In [1]:
%matplotlib widget

In [5]:
import math
import matplotlib as mpl
import matplotlib.pyplot as plt
import numpy as np
import numpy.random
from mnist import MNIST  # run from Anaconda shell: pip install python-mnist
import sklearn
import sklearn.metrics
from sklearn.model_selection import KFold

# setup plotting 
from IPython import get_ipython
import psutil
inTerminal = not "IPKernelApp" in get_ipython().config
inJupyterNb = any(filter(lambda x: x.endswith("jupyter-notebook"), psutil.Process().parent().cmdline()))
get_ipython().run_line_magic("matplotlib", "" if inTerminal else "notebook" if inJupyterNb else "widget")
def nextplot():
    if inTerminal:
        plt.clf()     # this clears the current plot
    else:
        plt.figure()  # this creates a new plot 

# Load the data

In [6]:
mndata = MNIST("data/")
X, y = mndata.load_training()
y = np.array(y, dtype="uint8")
X = np.array([np.array(x) for x in X], dtype="uint8")
N, D = X.shape
Xtest, ytest = mndata.load_testing()
ytest = np.array(ytest, dtype="uint8")
Xtest = np.array([np.array(x) for x in Xtest], dtype="uint8")
Ntest = Xtest.shape[0]

In [7]:
# Optional: use a smaller sample of the data
p = np.zeros(0, dtype="int")
for c in range(10):
    p = np.append(p, np.random.choice(np.where(y == c)[0], size=100, replace=False))
X_s = X[p, :]
y_s = y[p]
N_s = X_s.shape[0]
p = np.zeros(0, dtype="int")
for c in range(10):
    p = np.append(p, np.random.choice(np.where(ytest == c)[0], size=10, replace=False))
Xtest_s = Xtest[p, :]
ytest_s = ytest[p]
Ntest_s = Xtest_s.shape[0]

In [8]:
def showdigit(x):
    "Show one digit as a gray-scale image."
    plt.imshow(x.reshape(28, 28), norm=mpl.colors.Normalize(0, 255), cmap="gray")

In [9]:
# Example: show first digit
nextplot()
showdigit(X[1,])
print(y[1])

<IPython.core.display.Javascript object>

0


In [10]:
def showdigits(X, y, max_digits=15):
    "Show up to max_digits random digits per class from X with class labels from y."
    num_cols = min(max_digits, max(np.bincount(y)))
    for c in range(10):
        ii = np.where(y == c)[0]
        if len(ii) > max_digits:
            ii = np.random.choice(ii, size=max_digits, replace=False)
        for j in range(num_cols):
            ax = plt.gcf().add_subplot(
                10, num_cols, c * num_cols + j + 1, aspect="equal"
            )
            ax.get_xaxis().set_visible(False)
            if j == 0:
                ax.set_ylabel(c)
                ax.set_yticks([])
            else:
                ax.get_yaxis().set_visible(False)
            if j < len(ii):
                ax.imshow(
                    X[ii[j],].reshape(28, 28),
                    norm=mpl.colors.Normalize(0, 255),
                    cmap="gray",
                )
            else:
                ax.axis("off")

In [11]:
# Example: show 15 random digits per class from training data
nextplot()
showdigits(X, y)

<IPython.core.display.Javascript object>

In [12]:
# Example: show a specific set of digits
nextplot()
showdigits(X[0:50,], y[0:50])

<IPython.core.display.Javascript object>

In [13]:
# A simple example dataset that you can use for testing
Xex = np.array([1, 0, 0, 1, 1, 1, 2, 0]).reshape(4, 2)
yex = np.array([0, 1, 2, 0])

# 1 Training

In [14]:
def nb_train(X, y, alpha=1, K=None, C=None):
    """Train a Naive Bayes model.

    We assume that all features are encoded as integers and have the same domain
    (set of possible values) from 0:(K-1).

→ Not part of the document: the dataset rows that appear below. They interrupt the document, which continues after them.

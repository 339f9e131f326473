-- ===== src/Actisense/N2kAscii.antt =====
-- actisense/n2kasciidevice.go: the lines of the N2K ASCII format, parsed and written.
-- A line is the first bytes of the read buffer, and a slice of it may reach to the end of the buffer.
pub mod Blocks
pub mod Headers
pub mod Reader
mod Examples
use go_nmea_client.Common.{
  ℕ, zero, suc, ◌+◌, ◌-◌, ◌/◌, ◌%◌, List, [], ◌∷◌, ◌++◌, Option, none, some, Bool, true, false,
  Result, ok, err, panic, ◌>>=◌, ◌>>◌, check, fail_if, ltb, leb, ◌==◌, ◌&&◌, ◌||◌, not,
  if◌then◌else◌, u8, length, take, drop, get_or, replicate,
}
use go_nmea_client.Nmea.{RawMessage}
use go_nmea_client.Actisense.RawAscii as RawAscii
use go_nmea_client.Actisense.RawAscii.{decode_hex_to_int, hex_decode, without_zeros}

pub data Error : Type 0 where
  no_time no_header no_pgn no_data : Error
  not_hex : RawAscii.Error → Error

unfoldable pub is_hex_char : ℕ → Bool
is_hex_char c =
    (leb b'0' c && leb c b'9') || (leb b'a' c && leb c b'f') || (leb b'A' c && leb c b'F')

-- The loop of `findNextNonHexBlock` from an index on; `block` has the first and the last index found.
unfoldable pub block_from : List ℕ → ℕ → Option (ℕ × ℕ) → Option (ℕ × ℕ)
block_from [] i block = block
block_from (b ∷ raw) i none =
    let rest = block_from raw (suc i) (if is_hex_char b then some (i, i) else none) in rest
block_from (b ∷ raw) i (some (start, end)) =
    let rest = block_from raw (suc i) (some (start, i)) in
    if is_hex_char b then rest else some (start, end)

unfoldable pub find_next_non_hex_block : List ℕ → ℕ → Option (ℕ × ℕ)
find_next_non_hex_block raw from = block_from (drop from raw) from none

-- The loop over the time, from an index on: the last index of a digit or a point.
unfoldable pub time_end : List ℕ → ℕ → ℕ → ℕ
time_end [] i end = end
time_end (b ∷ raw) i end =
    let rest = time_end raw (suc i) i in
    if (leb b'0' b && leb b b'9') || (b == b'.') then rest else end

unfoldable pub hex_result {ℓ} : {A : Type ℓ} → Result RawAscii.Error A → Result Error A
hex_result (ok a) = ok a
hex_result (err e) = err (not_hex e)
hex_result panic = panic

unfoldable pub block_or : Error → Option (ℕ × ℕ) → Result Error (ℕ × ℕ)
block_or e none = err e
block_or e (some block) = ok block

-- `raw[from:to]`, up to the capacity of the buffer.
unfoldable pub slice : List ℕ → ℕ → ℕ → Result Error (List ℕ)
slice buffer from to =
    check (leb from to && leb to (length buffer)) >> ok (take (to - from) (drop from buffer))

-- The line behind the test of its start and its length.
unfoldable pub parse_line : List ℕ → List ℕ → ℕ → Result Error RawMessage
parse_line buffer raw now = do
  let time_part_end = time_end (drop 1 raw) 1 0
  fail_if (time_part_end == 0) no_time
  (header_start, header_end) ← block_or no_header (find_next_non_hex_block raw (time_part_end + 1))
  source_text ← slice buffer header_start (header_start + 2)
  source ← hex_result (decode_hex_to_int source_text 1)
  destination_text ← slice buffer (header_start + 2) (header_start + 4)
  destination ← hex_result (decode_hex_to_int destination_text 1)
  check (ltb (header_start + 4) (length raw))
  (pgn_start, pgn_end) ← block_or no_pgn (find_next_non_hex_block raw (header_end + 1))
  pgn_text ← slice buffer pgn_start (pgn_end + 1)
  pgn ← hex_result (decode_hex_to_int pgn_text 4)
  (data_start, data_end) ← block_or no_data (find_next_non_hex_block raw (pgn_end + 1))
  data_text ← slice buffer data_start (data_end + 1)
  bytes ← hex_result (hex_decode data_text)
  ok (record {
    time = now;
    header = record {
      pgn = pgn;
      priority = u8 (get_or raw (header_start + 4) 0 + 256 - b'0');
      source = source;
      destination = destination;
    };
    bytes = bytes;
  })

unfoldable pub started : Result Error RawMessage → Result Error (Option RawMessage)
started r = r >>= λ msg. ok (some msg)

-- `parseN2KAscii` of the first `len` bytes of the buffer; nothing is a line to skip.
unfoldable pub parse_n2k_ascii : List ℕ → ℕ → ℕ → Result Error (Option RawMessage)
parse_n2k_ascii buffer len now =
    let raw = take len buffer in
    check (ltb 0 (length raw))
    >> (if not (get_or raw 0 0 == b'A')
        then ok none
        else if ltb (length raw) 22
        then ok none
        else started (parse_line buffer raw now))

-- The lower-case digits of `strconv.FormatUint(n, 16)`.
unfoldable pub lower_digit : ℕ → ℕ
lower_digit v = if ltb v 10 then v + b'0' else v - 10 + b'a'

unfoldable pub lower_digits : ℕ → ℕ → List ℕ
lower_digits zero n = []
lower_digits (suc k) n = lower_digits k (n / 16) ++ (lower_digit (n % 16) ∷ [])

unfoldable pub format_lower : ℕ → List ℕ
format_lower n = without_zeros (lower_digits 16 n)

-- `strconv.FormatUint(n, 10)` of a byte.
unfoldable pub format_decimal : ℕ → List ℕ
format_decimal n = without_zeros ((n / 100 + b'0') ∷ (n / 10 % 10 + b'0') ∷ (n % 10 + b'0') ∷ [])

-- `%05x`
unfoldable pub padded_pgn : List ℕ → List ℕ
padded_pgn digits = replicate (5 - length digits) b'0' ++ digits

-- `hex.NewEncoder`
unfoldable pub encode_bytes : List ℕ → List ℕ
encode_bytes [] = []
encode_bytes (b ∷ bytes) = lower_digit (b / 16) ∷ lower_digit (b % 16) ∷ encode_bytes bytes

unfoldable pub format_n2k_address : ℕ → ℕ → List ℕ
format_n2k_address source destination = format_lower source ++ format_lower destination

-- `formatN2KASCII`. The text of the time is made by Go's library, an argument.
unfoldable pub format_n2k_ascii : (ℕ → List ℕ) → RawMessage → List ℕ
format_n2k_ascii stamp msg =
    stamp msg.time
    ++ (format_n2k_address msg.header.source msg.header.destination
        ++ (format_decimal msg.header.priority
            ++ (b' '
                ∷ (padded_pgn (format_lower msg.header.pgn)
                    ++ (b' ' ∷ (encode_bytes msg.bytes ++ (13 ∷ [])))))))
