-- ===== src/Actisense/N2kAscii/Blocks.antt =====
-- actisense/n2kasciidevice.go: what `findNextNonHexBlock` finds.
use go_nmea_client.Common.{
  ℕ, zero, suc, ◌+◌, ◌≤◌, ◌<◌, ◌≡◌, ◌≢◌, refl, sym, ◌∙◌, List, [], ◌∷◌, Option, none, some, true,
  false, arith, Bool-cases, inl, inr, length, drop, get_or,
}
use go_nmea_client.Actisense.N2kAscii.{is_hex_char, block_from, find_next_non_hex_block}

-- The rest of a block that began at `start`, in a list that begins at the index `i`.
record IsRest (raw : List ℕ) (i start end start' end' : ℕ) : Type 0 where
  same : start' ≡ start
  ordered : end ≤ end'
  inside : end' < i + length raw
  hex : (k : ℕ) → i + k ≤ end' → is_hex_char (get_or raw k 0) ≡ true

-- A block in a list that begins at the index `i`: the first hexadecimal characters from there on.
pub record IsBlock (raw : List ℕ) (i start end : ℕ) : Type 0 where
  pub after : i ≤ start
  pub ordered : start ≤ end
  pub inside : end < i + length raw
  pub hex : (k : ℕ) → start ≤ i + k → i + k ≤ end → is_hex_char (get_or raw k 0) ≡ true
  pub first : (k : ℕ) → i + k < start → is_hex_char (get_or raw k 0) ≡ false

found_eq : {a b c d : ℕ} → ◌≡◌ {A = Option (ℕ × ℕ)} (some (a, b)) (some (c, d)) → (c ≡ a) × (d ≡ b)
found_eq e = (cc, cc)

nothing_found : {c : ℕ × ℕ} → ◌≢◌ {A = Option (ℕ × ℕ)} none (some c)
nothing_found e = cc

here_ended :
    (raw : List ℕ) (i start end start' end' : ℕ)
    → i ≡ end + 1
    → ◌≡◌ {A = Option (ℕ × ℕ)} (some (start, end)) (some (start', end'))
    → IsRest raw i start end start' end'
here_ended raw i start end start' end' next e =
    let (s, t) = found_eq e in
    record {
      same = s;
      ordered = omega (arith, t);
      inside = omega (arith, t, next);
      hex = λ k h. absurd (omega (arith, t, next, h));
    }

some_hex :
    (b : ℕ) (raw : List ℕ) (i start end : ℕ)
    → is_hex_char b ≡ true
    → block_from (b ∷ raw) i (some (start, end)) ≡ block_from raw (suc i) (some (start, i))
unfolding block_from
some_hex b raw i start end h = rw h refl

some_other :
    (b : ℕ) (raw : List ℕ) (i start end : ℕ)
    → is_hex_char b ≡ false
    → block_from (b ∷ raw) i (some (start, end)) ≡ some (start, end)
unfolding block_from
some_other b raw i start end h = rw h refl

none_hex :
    (b : ℕ) (raw : List ℕ) (i : ℕ)
    → is_hex_char b ≡ true
    → block_from (b ∷ raw) i none ≡ block_from raw (suc i) (some (i, i))
unfolding block_from
none_hex b raw i h = rw h refl

none_other :
    (b : ℕ) (raw : List ℕ) (i : ℕ)
    → is_hex_char b ≡ false
    → block_from (b ∷ raw) i none ≡ block_from raw (suc i) none
unfolding block_from
none_other b raw i h = rw h refl

hex_from :
    (b : ℕ) (raw : List ℕ) (i end' : ℕ)
    → is_hex_char b ≡ true
    → ((k : ℕ) → suc i + k ≤ end' → is_hex_char (get_or raw k 0) ≡ true)
    → (k : ℕ) → i + k ≤ end'
    → is_hex_char (get_or (b ∷ raw) k 0) ≡ true
hex_from b raw i end' h rest zero le = h
hex_from b raw i end' h rest (suc k) le = rest k (omega (arith, le))

block_from-IsRest :
    (raw : List ℕ) (i start end start' end' : ℕ)
    → i ≡ end + 1
    → block_from raw i (some (start, end)) ≡ some (start', end')
    → IsRest raw i start end start' end'
unfolding block_from
block_from-IsRest [] i start end start' end' next e = here_ended [] i start end start' end' next e
block_from-IsRest (b ∷ raw) i start end start' end' next e = elim (Bool-cases (is_hex_char b)) [
  | inl h ↦
      let r =
        block_from-IsRest raw (suc i) start i start' end' (omega arith)
          (sym (some_hex b raw i start end h) ∙ e) in
      record {
        same = r.same;
        ordered = omega (arith, r.ordered, next);
        inside = omega (arith, r.inside);
        hex = hex_from b raw i end' h r.hex;
      }
  | inr h ↦
      here_ended (b ∷ raw) i start end start' end' next (sym (some_other b raw i start end h) ∙ e)
]

first_from :
    (b : ℕ) (raw : List ℕ) (i start' : ℕ)
    → is_hex_char b ≡ false
    → ((k : ℕ) → suc i + k < start' → is_hex_char (get_or raw k 0) ≡ false)
    → (k : ℕ) → i + k < start'
    → is_hex_char (get_or (b ∷ raw) k 0) ≡ false
first_from b raw i start' h rest zero lt = h
first_from b raw i start' h rest (suc k) lt = rest k (omega (arith, lt))

later :
    (b : ℕ) (raw : List ℕ) (i start' end' : ℕ)
    → suc i ≤ start'
    → ((k : ℕ) → start' ≤ suc i + k → suc i + k ≤ end' → is_hex_char (get_or raw k 0) ≡ true)
    → (k : ℕ) → start' ≤ i + k
    → i + k ≤ end'
    → is_hex_char (get_or (b ∷ raw) k 0) ≡ true
later b raw i start' end' after rest zero low high = absurd (omega (arith, after, low))
later b raw i start' end' after rest (suc k) low high =
    rest k (omega (arith, low)) (omega (arith, high))

-- The block that is found from an index on is of hexadecimal characters of the line, and there is none
-- between the index and the block.
pub block_from-IsBlock :
    (raw : List ℕ) (i start end : ℕ)
    → block_from raw i none ≡ some (start, end)
    → IsBlock raw i start end
unfolding block_from
block_from-IsBlock [] i start end e = absurd (nothing_found e)
block_from-IsBlock (b ∷ raw) i start end e = elim (Bool-cases (is_hex_char b)) [
  | inl h ↦
      let r =
        block_from-IsRest raw (suc i) i i start end (omega arith) (sym (none_hex b raw i h) ∙ e) in
      record {
        after = omega (arith, r.same);
        ordered = omega (arith, r.same, r.ordered);
        inside = omega (arith, r.inside);
        hex = λ k low high. hex_from b raw i end h r.hex k high;
        first = λ k lt. absurd (omega (arith, r.same, lt));
      }
  | inr h ↦
      let r = block_from-IsBlock raw (suc i) start end (sym (none_other b raw i h) ∙ e) in
      record {
        after = omega (arith, r.after);
        ordered = r.ordered;
        inside = omega (arith, r.inside);
        hex = later b raw i start end r.after r.hex;
        first = first_from b raw i start h r.first;
      }
]

-- `findNextNonHexBlock` gives the first hexadecimal characters of the line from an index on: they are in
-- the line, and there is none between the index and them.
pub find_next_non_hex_block-IsBlock :
    (raw : List ℕ) (from start end : ℕ)
    → find_next_non_hex_block raw from ≡ some (start, end)
    → IsBlock (drop from raw) from start end
unfolding find_next_non_hex_block
find_next_non_hex_block-IsBlock raw from start end e =
    block_from-IsBlock (drop from raw) from start end e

Similarly, class labels have domain
    0:(C-1).

    Parameters
    ----------
    X : ndarray of shape (N,D)
        Design matrix.
    y : ndarray of shape (N,)
        Class labels.
    alpha : int
        Parameter for symmetric Dirichlet prior (Laplace smoothing) for all
        fitted distributions.
    K : int
        Each feature takes values in [0,K-1]. None means auto-detect.
    C : int
        Each class label takes values in [0,C-1]. None means auto-detect.

    Returns
    -------
    A dictionary with the following keys and values:

    logpriors : ndarray of shape (C,)
        Log prior probabilities of each class such that logpriors[c] contains
        the log prior probability of class c.

    logcls : ndarray of shape(C,D,K)
        A class-by-feature-by-value array of class-conditional log-likelihoods
        such that logcls[c,j,v] contains the conditional log-likelihood of value
        v in feature j given class c.
    """
    N, D = X.shape
    if K is None:
        K = np.max(X) + 1
    if C is None:
        C = np.max(y) + 1

    # Compute class priors and store them in priors
    priors = np.zeros(C)
    # YOUR CODE HERE
    map_alpha = alpha - 1
    class_counts = np.unique(y, return_counts=True)[1] + map_alpha
    total_class_count = sum(class_counts)
    priors = class_counts / total_class_count
    
    # Compute class-conditional densities in a class x feature x value array
    # and store them in cls.
    cls = np.zeros((C, D, K))
    # YOUR CODE HERE
    for c in np.unique(y, return_counts=True)[0]:
        indexes = np.where(y==c)[0]
        current_X = X[indexes]
        
        for d in range(0, D):
            current_col = current_X[:, d]
            
            for k in range(0, K):
                count_k = len(current_col[current_col==k]) + map_alpha
                cls[c][d][k] = count_k
            cls[c][d] = cls[c][d] / sum(cls[c][d])
            
    # Output result
    return dict(logpriors=np.log(priors), logcls=np.log(cls))

In [15]:
# Test your code (there should be a warning when you run this)
model = nb_train(Xex, yex, alpha=1)
model
# This should produce:
# {'logcls': array([[[       -inf, -0.69314718, -0.69314718],
#          [ 0.        ,        -inf,        -inf]],
#
#         [[ 0.        ,        -inf,        -inf],
#          [       -inf,  0.        ,        -inf]],
#
#         [[       -inf,  0.        ,        -inf],
#          [       -inf,  0.        ,        -inf]]]),
#  'logpriors': array([-0.69314718, -1.38629436, -1.38629436])}

  return dict(logpriors=np.log(priors), logcls=np.log(cls))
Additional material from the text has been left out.